By ROBERT BURNS The Associated Press Thursday, March 27, 2003; 6:24 PM

Richard Perle, a former Reagan administration Pentagon official, resigned Thursday as chairman of the Defense Policy Board that is a key advisory arm for Defense Secretary Donald H. Rumsfeld.

In a brief written statement, Rumsfeld thanked Perle for his service and made no mention of why Perle resigned. He said he had asked Perle to remain as a member of the board.

“He has been an excellent chairman and has led the Defense Policy Board during an important time in our history,” Rumsfeld said. “I should add that I have known Richard Perle for many years and know him to be a man of integrity and honor.”

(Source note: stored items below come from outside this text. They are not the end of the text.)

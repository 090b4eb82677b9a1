-- ===== src/Smr/Book/Tests.antt =====
-- The unit tests of book.rs, run on the model.
use hi_perf_cmp.Prelude.{
  ◌+◌, ◌<◌, ◌∙◌, sym, length, ℕ, ◌≡◌, inr, arith, refl, false, Option, some, none,
}
use mathlib.Core.Path.{subst}
use hi_perf_cmp.Prelude.Run.{Run, ok, panic, Cmd, pure, ◌>>=◌, ◌>>◌, gets}
use hi_perf_cmp.Prelude.Word.{div_i64}
use hi_perf_cmp.Smr.Level.{SmrConfig}
use hi_perf_cmp.Smr.Book
use hi_perf_cmp.Smr.Book.{new, cancel, fill, update}
use hi_perf_cmp.Smr.Book.View.{view, Rests, arrived, rests_lt}
use hi_perf_cmp.Smr.Book.Access.{place}
use hi_perf_cmp.Smr.Book.InsertRuns.{IsBook}
use hi_perf_cmp.Smr.Book.Arrivals.{Arrived, insert-Arrived}
use hi_perf_cmp.Smr.Book.Departures.{Departed, cancel-Departed, fill-Departed}
use hi_perf_cmp.Smr.Digest.{digest_book}
use hi_perf_cmp.Smr.Digest.Total.{Returns, digest_book-Returns}
use hi_perf_cmp.Smr.Book.Full.{insert-full}
use hi_perf_cmp.Smr.Book.Updates.{Updated, update-Updated}
use hi_perf_cmp.Smr.Book.Fresh.{no_orders, new-IsBook}

abbrev small : SmrConfig
small = record {
  cap = 8;
  levels = 16;
  tick = 1;
  price_min = 0;
  steady = 4;
  warmup = 0;
  iters = 0;
  chunk = 3;
  apply_batch = 64;
  multi_table = false;
  live_iters = 200000;
  snap_every = 20000;
  otr_bps = 100;
}

-- `cancel_emptying_best_level_rescans`
rescan : Cmd Book.Book (ℕ × ℕ)
unfolding Book.new Book.insert Book.cancel Book.tick_of Book.order Book.order_mut Book.level
    Book.level_mut Book.alloc_slot Book.free_slot Book.raise_best Book.unlink Book.scan_down
    Book.scan_up Book.repair_best Book.remove_order Book.take_id
rescan = do
  Book.insert 1 3 10 0
  Book.insert 2 9 10 0
  Book.insert 3 4 10 1
  Book.insert 4 2 10 1
  Book.cancel 2
  Book.cancel 4
  bid ← gets (λ b. b.best_bid)
  ask ← gets (λ b. b.best_ask)
  pure (bid, ask)

abbrev result : {S A : Type 0} → Run S A → Option A
result (ok a s) = some a
result panic = none

result-rescan : result (rescan (Book.new small)) ≡ some (3, 4)
unfolding rescan div_i64
result-rescan = refl

small-IsBook : IsBook no_orders (new small)
small-IsBook = new-IsBook small (omega arith) (omega arith)

-- Order 7 of 5 at price 3 on the bid side, the first in the book.
insert-Arrived_example : Arrived no_orders (new small) 7 3 5 0 3
unfolding new place div_i64
insert-Arrived_example =
    insert-Arrived no_orders (new small) 7 3 5 0 3 small-IsBook (inr (omega arith)) (ground arith)
      refl (omega arith) (omega arith) refl (omega arith)

first : Arrived no_orders (new small) 7 3 5 0 3
unfolding new place div_i64
first =
    insert-Arrived no_orders (new small) 7 3 5 0 3 small-IsBook (inr (omega arith)) (ground arith)
      refl (omega arith) (omega arith) refl (omega arith)

cancel-Departed_example :
    Departed (arrived no_orders first.slot 3) first.b' 7 first.slot (cancel 7 first.b')
cancel-Departed_example =
    cancel-Departed (arrived no_orders first.slot 3) first.b' 7 first.slot first.book first.found

fill-Departed_example :
    Departed (arrived no_orders first.slot 3) first.b' 7 first.slot (fill 7 first.b')
fill-Departed_example =
    fill-Departed (arrived no_orders first.slot 3) first.b' 7 first.slot first.book first.found

new-IsBook_example : IsBook no_orders (new small)
new-IsBook_example = new-IsBook small (omega arith) (omega arith)

digest_book-Returns_example :
    Returns (digest_book ((arrived no_orders first.slot 3).clock + 1) first.b')
digest_book-Returns_example = digest_book-Returns first.book

update-Updated_example :
    Updated (arrived no_orders first.slot 3) first.b' first.slot 2 (update 7 2 first.b')
update-Updated_example =
    update-Updated (arrived no_orders first.slot 3) first.b' 7 first.slot 2 first.book first.found
      (omega arith)

-- A pool of one slot, which holds order 7.
abbrev one_slot : SmrConfig
one_slot = record small { cap = 1 }

only : Arrived no_orders (new one_slot) 7 3 5 0 3
unfolding new place div_i64
only =
    insert-Arrived no_orders (new one_slot) 7 3 5 0 3
      (new-IsBook one_slot (omega arith) (omega arith)) (inr (omega arith)) (ground arith) refl
      (omega arith) (omega arith) refl (omega arith)

length-only : length only.b'.pool ≡ 1
unfolding new
length-only = only.ladder.3

all_rest : (s : ℕ) → s < length only.b'.pool → Rests (view only.b') s
all_rest s lt =
    let (id, pos) = only.book.links.id_rests 7 only.slot only.found in
    let rests : Rests (view only.b') only.slot = λ z. pos (sym id ∙ z) in
    let (low, _) = rests_lt only.book.links only.slot rests in
    let same : only.slot ≡ s = omega (arith, low, lt, length-only, only.book.links.hwm_le) in
    subst (Rests (view only.b')) same rests

insert-full_example : Book.insert 8 3 5 0 only.b' ≡ panic
insert-full_example = insert-full (arrived no_orders only.slot 3) only.b' 8 3 5 0 only.book all_rest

Perle was an assistant secretary of defense during the Reagan administration. He took the advisory board chairman’s post early in Rumsfeld’s tenure.

Perle became embroiled in a recent controversy stemming from a New Yorker magazine article that said he had lunch in January with controversial Saudi-born businessman Adnan Khashoggi and a Saudi industrialist.

The industrialist, Harb Saleh Zuhair, was interested in investing in a venture capital firm, Trireme Partners, of which Perle is a managing partner. Nothing ever came of the lunch in Marseilles; no investment was made. But the New Yorker story, written by Seymour M. Hersh, suggested that Perle, a longtime critic of the Saudi regime, was inappropriately mixing business and politics.

Perle called the report preposterous and “monstrous.”

Perle, 61, was so strongly opposed to nuclear arms control agreements with the former Soviet Union during his days in the Reagan administration that he became known as “the Prince of Darkness.”